Entre ici et ailleurs Spécial
Prague a la Moldau et Vienne a le Danube, Fribourg a la Sarine tandis que Berne a l’Aar, et Sion chante cette «vallée où le Rhône a son cours»: il n’est pas de ville honnête qui ne soit bâtie à proximité d’un cours d’eau, voie de communication ou rempart naturel. Nos fleuves et rivières, amis inamicaux lorsqu’ils débordent, font partie de notre histoire et de nos paysages et, plus que cela, reflètent les interrogations de notre temps, écologiques notamment. Longtemps corsetés dans leurs digues, ils tendent aujourd’hui à retrouver un cours plus naturel et leur force, productrice d’énergie, suscite l’intérêt comme, en cette saison, leurs chutes, gorges et méandres, plus rafraîchissants que nos places trop peu ombragées.

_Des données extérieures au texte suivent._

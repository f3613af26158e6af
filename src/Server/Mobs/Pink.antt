-- ===== src/Server/Mobs/Pink.antt =====
-- What pink mobs do in a tick, and the turn of every mob: internal/server/net/mobs_pink.go, and
-- `tickMobs` of mobs.go.
pub mod Delivery
use lodeen.Base.{
  ℕ, ◌*◌, String, Bool, [], ◌∷◌, Option, none, some, ◌&&◌, ◌||◌, not, ◌==◌, if◌then◌else◌,
}
use lodeen.Base.Int.{ℤ, pos, int_add, ltb_ℤ, leb_ℤ}
use lodeen.Base.Map.{Map, lookup, insert, erase}
use lodeen.Base.Float.{Float, ◌⊕◌, ◌⊖◌, ◌⊗◌, ◌⊘◌, lit, num, flt, sqrt32}
use lodeen.Protocol.Geometry.{Vector3, clamp_to_surface, dist2}
use lodeen.Protocol.Messages.{Resource}
use lodeen.Server.State.{Client, Server, Mob}
use lodeen.Server.Client.{state_of, send_inventory}
use lodeen.Server.Crafting.{gain}
use lodeen.Server.Nearest.{nearest}
use lodeen.Server.Time.{time_sub, millisecond}
use lodeen.Server.Mobs.Behaviour.{
  move_towards, walk, new_projectile, carry, find_nearest_resource, tick_hostile_mob,
  tick_collector,
}

-- `pinkThrowCooldown`
abbrev pub pink_throw_cooldown : ℕ
pink_throw_cooldown = 1500 * millisecond

-- The sum of the quantities.
unfoldable pub pink_inventory_count : Map ℤ → ℤ → ℤ
pink_inventory_count [] total = total
pink_inventory_count ((_, q) ∷ inv) total = pink_inventory_count inv (int_add total q)

module _ {F : Type 0} where
  unfoldable pub is_threat : Mob F → Mob F → Bool
  is_threat m other =
      not (other.id == m.id)
      && (other.kind == "hostile" || (other.kind == "collector" && other.angered))

  unfoldable pub is_feared : Mob F → Mob F → Bool
  is_feared m other =
      not (other.id == m.id)
      && not (not (other.kind == "hostile") && not (other.kind == "collector"))

module _ {F : Type 0} ⦃fl : Float F⦄ where
  -- `pinkShootRangeD2` is 225.
  unfoldable pub pink_auto_shoot : ℕ → String → Mob F → Server F → Mob F × Server F
  unfolding is_threat
  pink_auto_shoot now pid m s =
      let (found, best_d2) = nearest (is_threat m) (λ (o : Mob F). o.at) m.at (num 225) s.mobs in
      elim found [
        | none ↦ (m, s)
        | some (_, threat) ↦
            let p : Vector3 F = m.at in
            let t : Vector3 F = threat.at in
            let d = sqrt32 best_d2 in
            let dir : Vector3 F = record {
              x = (t.x ⊖ p.x) ⊘ d;
              y = (t.y ⊖ p.y) ⊘ d;
              z = (t.z ⊖ p.z) ⊘ d;
            } in
            if ltb_ℤ (time_sub now m.last_attack_at) (pos pink_throw_cooldown)
            then (m, s)
            else if flt d (lit 1 2)
            then (m, s)
            else (
              record m { last_attack_at = now },
              record s {
                projectiles = insert pid (new_projectile now pid dir threat.id m) s.projectiles;
              },
            )
      ]

  -- `pinkFleeD2` is 225, `pinkPanicD2` is 64, `pinkSpeed` is 6 and half as much again in panic.
  unfoldable pub tick_pink_flee : F → Mob F → Server F → Mob F
  unfolding is_feared
  tick_pink_flee dt m s =
      let (found, best_d2) = nearest (is_feared m) (λ (o : Mob F). o.at) m.at (num 225) s.mobs in
      elim found [
        | none ↦ m
        | some (_, threat) ↦
            let p : Vector3 F = m.at in
            let t : Vector3 F = threat.at in
            let d = sqrt32 (dist2 p t) in
            let speed : F = if flt best_d2 (num 64) then num 6 ⊗ lit 15 1 else num 6 in
            if flt d (lit 1 2) then m else record m {
              at = clamp_to_surface (record {
                x = p.x ⊕ (p.x ⊖ t.x) ⊘ d ⊗ speed ⊗ dt;
                y = p.y ⊕ (p.y ⊖ t.y) ⊘ d ⊗ speed ⊗ dt;
                z = p.z ⊕ (p.z ⊖ t.z) ⊘ d ⊗ speed ⊗ dt;
              });
            }
      ]

  -- Here the kind is that of the resource that lies there.
  unfoldable pub pink_pick_up_resource :
      String → Option (Resource F) → Mob F → Server F → Mob F × Server F
  pink_pick_up_resource id none m s = (m, s)
  pink_pick_up_resource id (some r) m s =
      (carry r.kind m, record s { resources = erase id s.resources })

  -- `pinkPickD2` is 6.25.
  unfoldable pub pink_gather_pick : F → Mob F → Server F → Mob F × Server F
  unfolding pink_pick_up_resource
  pink_gather_pick dt m s =
      let (found, best_d2) = find_nearest_resource m.at s.resources in
      elim found [
        | none ↦ (m, s)
        | some (_, r) ↦
            if flt best_d2 (lit 625 2)
            then pink_pick_up_resource r.id (lookup r.id s.resources) m s
            else (move_towards r.at (num 6 ⊗ dt) m, s)
      ]

  -- `pinkDeliverD2` is 16; `none` is the answer `false`.
  unfoldable pub pink_deliver : Option (Client F) → Mob F → Server F → Option (Mob F × Server F)
  pink_deliver none m s = none
  pink_deliver (some owner) m s =
      if flt (num 16) (dist2 (state_of owner).at m.at)
      then none
      else some (
        record m { inventory = []; contract = ""; owner_id = "" },
        record s {
          clients =
              insert m.owner_id
                (send_inventory (record owner { inventory = gain m.inventory owner.inventory }))
                s.clients;
        },
      )

  unfoldable pub pink_gather_deliver : F → Mob F → Server F → Mob F × Server F
  unfolding pink_deliver
  pink_gather_deliver dt m s =
      let owner = lookup m.owner_id s.clients in
      elim (pink_deliver owner m s) [
        | some done ↦ done
        | none ↦ elim owner [
          | none ↦ (m, s)
          | some c ↦ (move_towards (state_of c).at (num 6 ⊗ dt) m, s)
        ]
      ]

  -- `pinkGatherTarget` is 4.
  unfoldable pub tick_pink_gather : F → Mob F → Server F → Mob F × Server F
  unfolding pink_gather_deliver pink_gather_pick pink_inventory_count
  tick_pink_gather dt m s =
      if leb_ℤ (pos 4) (pink_inventory_count m.inventory (pos 0))
      then pink_gather_deliver dt m s
      else pink_gather_pick dt m s

  -- `pinkGuardRangeD2` is 144, `pinkGuardCloseD2` is 25.
  unfoldable pub tick_pink_guard : F → Option (Client F) → Mob F → Server F → Mob F
  tick_pink_guard dt none m s = record m { contract = ""; owner_id = "" }
  tick_pink_guard dt (some owner) m s =
      let red =
        (nearest (λ (o : Mob F). o.kind == "hostile") (λ o. o.at) m.at (num 144) s.mobs).0 in
      let there : Vector3 F = (state_of owner).at in
      let d2 = dist2 there m.at in
      let d = sqrt32 d2 in
      elim red [
        | some _ ↦ m
        | none ↦
            if flt d2 (num 25) then m else if flt d (lit 1 2) then m else walk there d (num 6) dt m
      ]

  unfoldable pub tick_pink : ℕ → String → F → Mob F → Server F → Mob F × Server F
  unfolding pink_auto_shoot tick_pink_gather tick_pink_guard tick_pink_flee
  tick_pink now pid dt m s =
      let (m', s') = pink_auto_shoot now pid m s in
      if m'.contract == "gather4"
      then tick_pink_gather dt m' s'
      else if m'.contract == "guard"
      then (tick_pink_guard dt (lookup m'.owner_id s'.clients) m' s', s')
      else (tick_pink_flee dt m' s', s')

  unfoldable pub tick_mob : ℕ → String → F → Mob F → Server F → Mob F × Server F
  unfolding tick_pink
  tick_mob now pid dt m s =
      if m.kind == "pink"
      then tick_pink now pid dt m s
      else if m.kind == "collector" && not m.angered
      then tick_collector dt m s
      else if m.kind == "hostile" || m.angered
      then tick_hostile_mob now pid dt m s
      else (m, s)

  -- The turn of the mob with this key, which is written back.
  unfoldable pub tick_entry : ℕ → String → F → String → Option (Mob F) → Server F → Server F
  unfolding tick_mob
  tick_entry now pid dt k none s = s
  tick_entry now pid dt k (some m) s =
      let (m', s') = tick_mob now pid dt m s in record s' { mobs = insert k m' s'.mobs }

  -- The loop over the mobs; `pids` gives the new identifier in each turn.
  unfoldable pub tick_all : ℕ → (String → String) → F → Map (Mob F) → Server F → Server F
  unfolding tick_entry
  tick_all now pids dt [] s = s
  tick_all now pids dt ((k, _) ∷ todo) s =
      tick_all now pids dt todo (tick_entry now (pids k) dt k (lookup k s.mobs) s)

  unfoldable pub tick_mobs : ℕ → (String → String) → F → Server F → Server F
  unfolding tick_all
  tick_mobs now pids dt s = tick_all now pids dt s.mobs s
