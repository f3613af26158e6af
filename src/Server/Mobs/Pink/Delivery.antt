-- ===== src/Server/Mobs/Pink/Delivery.antt =====
-- A gatherer hands over all that it carries, and is free then.
use lodeen.Base.{◌+◌, ◌<◌, ◌≡◌, refl, String, false, [], some, arith, eq_iff}
use lodeen.Base.Int.{pos, int_bound}
use lodeen.Base.Map.{lookup, insert, lookup-insert}
use lodeen.Base.Float.{Float, num, flt}
use lodeen.Protocol.Geometry.{dist2}
use lodeen.Server.State.{Client, Server, Mob}
use lodeen.Server.Client.{quantity, state_of, send_inventory}
use lodeen.Server.Client.Inventory.{send_inventory-inventory}
use lodeen.Server.Crafting.{gain}
use lodeen.Server.Crafting.Exchange.{stock, IsStock, IsRecipe, quantity-gain}
use lodeen.Server.Mobs.Pink.{pink_deliver, pink_gather_deliver}

module _ {F : Type 0} ⦃fl : Float F⦄ where
  -- A gatherer near its owner hands over all that it carries: each of the owner's quantities rises
  -- by what the mob carried, and the mob is left with nothing, under no contract and no owner. The
  -- quantities are not negative and their sums fit an int64.
  pub pink_gather_deliver-delivers :
      (dt : F) (m : Mob F) (owner : Client F) (s : Server F)
      → lookup m.owner_id s.clients ≡ some owner
      → flt (num 16) (dist2 (state_of owner).at m.at) ≡ false
      → IsRecipe m.inventory
      → IsStock owner.inventory
      → ((k : String) → stock k owner.inventory + stock k m.inventory < int_bound)
      → let after = pink_gather_deliver dt m s in
        ((out : Client F) × (lookup m.owner_id after.1.clients ≡ some out)
          × ((k : String)
              → quantity k out.inventory ≡ pos (stock k owner.inventory + stock k m.inventory)))
        × (after.0 ≡ record m { inventory = []; contract = ""; owner_id = "" })
  unfolding pink_gather_deliver
  pink_gather_deliver-delivers dt m owner s known near wf st room =
      let paid : Client F = record owner { inventory = gain m.inventory owner.inventory } in
      let m' : Mob F = record m { inventory = []; contract = ""; owner_id = "" } in
      let s' : Server F = record s {
        clients = insert m.owner_id (send_inventory paid) s.clients;
      } in
      let given : pink_deliver (some owner) m s ≡ some (m', s') =
        unfold pink_deliver in ground (arith, near) in
      rw (known, given, pink_gather_deliver)
        (
          (
            send_inventory paid,
            ground (
              arith,
              lookup-insert m.owner_id m.owner_id (send_inventory paid) s.clients,
              eq_iff m.owner_id m.owner_id,
            ),
            λ k.
                rw (send_inventory-inventory paid)
                  (quantity-gain m.inventory owner.inventory k wf st room),
          ),
          refl,
        )
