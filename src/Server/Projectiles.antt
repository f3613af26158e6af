-- ===== src/Server/Projectiles.antt =====
-- Spears in flight and what they hit: internal/server/net/mobs_projectiles.go. The drops of a dead
-- mob are in Mobs.antt.
pub mod Hits
use lodeen.Base.{ℕ, suc, ◌*◌, String, Bool, false, List, [], ◌∷◌, Option, none, some, if◌then◌else◌}
use lodeen.Base.Int.{ℤ, pos, int_sub, ltb_ℤ, leb_ℤ}
use lodeen.Base.Map.{Map, lookup, insert, erase, map_values}
use lodeen.Base.Float.{Float, ◌⊕◌, ◌⊗◌, lit, flt, fle}
use lodeen.Protocol.Geometry.{Vector3, dist2}
use lodeen.Protocol.Messages.{Resource}
use lodeen.Server.State.{Client, Server, Mob, Projectile}
use lodeen.Server.Client.{state_of, damage}
use lodeen.Server.Mobs.{Fresh, KillDrop, spawn_drop}
use lodeen.Server.Time.{time_sub, second}

-- `projTTL`
abbrev pub proj_ttl : ℕ
proj_ttl = 3 * second

-- `mobAttackDamage`
abbrev pub mob_attack_damage : ℤ
mob_attack_damage = pos 2

-- What a loop over the spears gives: the spears that fly on, the clients, and the mobs that were
-- hit, in the order of the hits.
pub record Flight (F : Type 0) : Type 0 where
  pub flying : Map (Projectile F)
  pub clients : Map (Client F)
  pub hits : List String

module _ {F : Type 0} where
  unfoldable pub snapshot_mob_positions : Map (Mob F) → Map (Vector3 F)
  snapshot_mob_positions = map_values (λ m. m.at)

  -- One hit of `applyMobHits`; a mob that an earlier hit killed is passed over.
  unfoldable pub apply_mob_hit :
      String → Option (Mob F) → Map (Mob F) → Map (Mob F) × List (KillDrop F)
  apply_mob_hit id none mobs = (mobs, [])
  apply_mob_hit id (some m) mobs =
      let hp = int_sub m.hp mob_attack_damage in
      if leb_ℤ hp (pos 0)
      then (erase id mobs, record { at = m.at; kind = m.kind; mob_inv = m.inventory } ∷ [])
      else (insert id (record m { hp = hp }) mobs, [])

  -- The mobs that are left and the killed ones, first killed first.
  unfoldable pub apply_mob_hits : List String → Map (Mob F) → Map (Mob F) × List (KillDrop F)
  unfolding apply_mob_hit
  apply_mob_hits [] mobs = (mobs, [])
  apply_mob_hits (id ∷ hits) mobs =
      let (mobs', kills) = apply_mob_hit id (lookup id mobs) mobs in
      let (left, later) = apply_mob_hits hits mobs' in
      (left, elim kills [ [] ↦ later | k ∷ _ ↦ k ∷ later ])

module _ {F : Type 0} ⦃fl : Float F⦄ where
  unfoldable pub move_projectile : F → Projectile F → Projectile F
  move_projectile dt p =
      let at : Vector3 F = p.at in
      let dir : Vector3 F = p.dir in
      record p {
        at = record {
          x = at.x ⊕ dir.x ⊗ p.speed ⊗ dt;
          y = at.y ⊕ dir.y ⊗ p.speed ⊗ dt;
          z = at.z ⊕ dir.z ⊗ p.speed ⊗ dt;
        };
      }

  -- `projHitD2` is 2.25. The clients after the damage; `none` is the answer `false`.
  unfoldable pub try_projectile_hit_client :
      ℕ → Projectile F → Option (Client F) → Map (Client F) → Option (Map (Client F))
  try_projectile_hit_client now p none clients = none
  try_projectile_hit_client now p (some c) clients =
      if fle (lit 225 2) (dist2 (state_of c).at p.at)
      then none
      else some (insert p.target_id (damage now mob_attack_damage c) clients)

  unfoldable pub try_projectile_hit_mob : Projectile F → Option (Vector3 F) → Bool
  try_projectile_hit_mob p none = false
  try_projectile_hit_mob p (some at) = flt (dist2 at p.at) (lit 225 2)

  unfoldable pub advance_projectiles :
      ℕ → F → Map (Vector3 F) → Map (Projectile F) → Map (Client F) → Flight F
  unfolding move_projectile try_projectile_hit_client try_projectile_hit_mob
  advance_projectiles now dt mob_pos [] clients = record {
    flying = [];
    clients = clients;
    hits = [];
  }
  advance_projectiles now dt mob_pos ((id, p) ∷ ps) clients =
      let q = move_projectile dt p in
      let rest = advance_projectiles now dt mob_pos ps clients in
      if ltb_ℤ (pos proj_ttl) (time_sub now p.spawn_at)
      then rest
      else elim (try_projectile_hit_client now q (lookup q.target_id clients) clients) [
        | some clients' ↦ advance_projectiles now dt mob_pos ps clients'
        | none ↦
            if try_projectile_hit_mob q (lookup q.target_id mob_pos)
            then record rest { hits = q.target_id ∷ rest.hits }
            else record rest { flying = (id, q) ∷ rest.flying }
      ]

  -- `fresh k` gives the new things of the drop number `k`.
  unfoldable pub spawn_drops :
      (ℕ → ℕ → Fresh F) → ℕ → List (KillDrop F) → Map (Resource F) → Map (Resource F)
  spawn_drops fresh k [] m = m
  spawn_drops fresh k (d ∷ kills) m = spawn_drops fresh (suc k) kills (spawn_drop (fresh k) d m)

  unfoldable pub tick_projectiles : (ℕ → ℕ → Fresh F) → ℕ → F → Server F → Server F
  unfolding snapshot_mob_positions advance_projectiles apply_mob_hits spawn_drops
  tick_projectiles fresh now dt s =
      let flight =
        advance_projectiles now dt (snapshot_mob_positions s.mobs) s.projectiles s.clients in
      let (mobs, kills) = apply_mob_hits flight.hits s.mobs in
      record s {
        projectiles = flight.flying;
        clients = flight.clients;
        mobs = mobs;
        resources = spawn_drops fresh 0 kills s.resources;
      }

Nos préoccupations suivent ainsi le cours de l’eau, comme autrefois les navires de notre enfance, bouchons de liège et coques de noix, et radeaux faits de petit bois. Confiés aux ruisseaux qui font les grandes rivières, où s’en sont-ils allés? Peut-être ont-ils «touché les côtes désertes de la Bohême» qu’imaginait Shakespeare ou trouvé l’île «qu’il nous reste à bâtir» que souhaitait Brel, à moins que leur course folle ait été interrompue par l’un ou l’autre boucanier ou pirate estropié à la main en crochet.
En aval de nos cours d’eau se trouve tout un imaginaire.
Car en aval de nos cours d’eau se trouve tout un imaginaire qui fut le nôtre, et qui l’est encore. Les cartes de nos premiers romans marquant un trésor d’une croix dans le sable du marchand de rêves ne sont pas si éloignées de nos plans idéaux de retraite dorée en des lieux «où rien n’est important que de vivre» (Aznavour cette fois); un départ cependant est toujours un exil, on largue les amarres par beau temps mais le vent qui nous porte pourrait devenir contraire. Paradis espéré, l’île aux palmiers est peut-être l’enfer tant redouté...
«Les pieds dans le ruisseau» (Brel à nouveau) et la tête tournée vers de lointains horizons, l’Echo vous emmène deux mois durant entre ici et ailleurs, au fil de l’eau de nos rivières qui ne font que peu de vagues (pages 4 à 7) et d’île en île pour apaiser tout vague à l’âme (pages 28 à 31). C’est ça, l’été.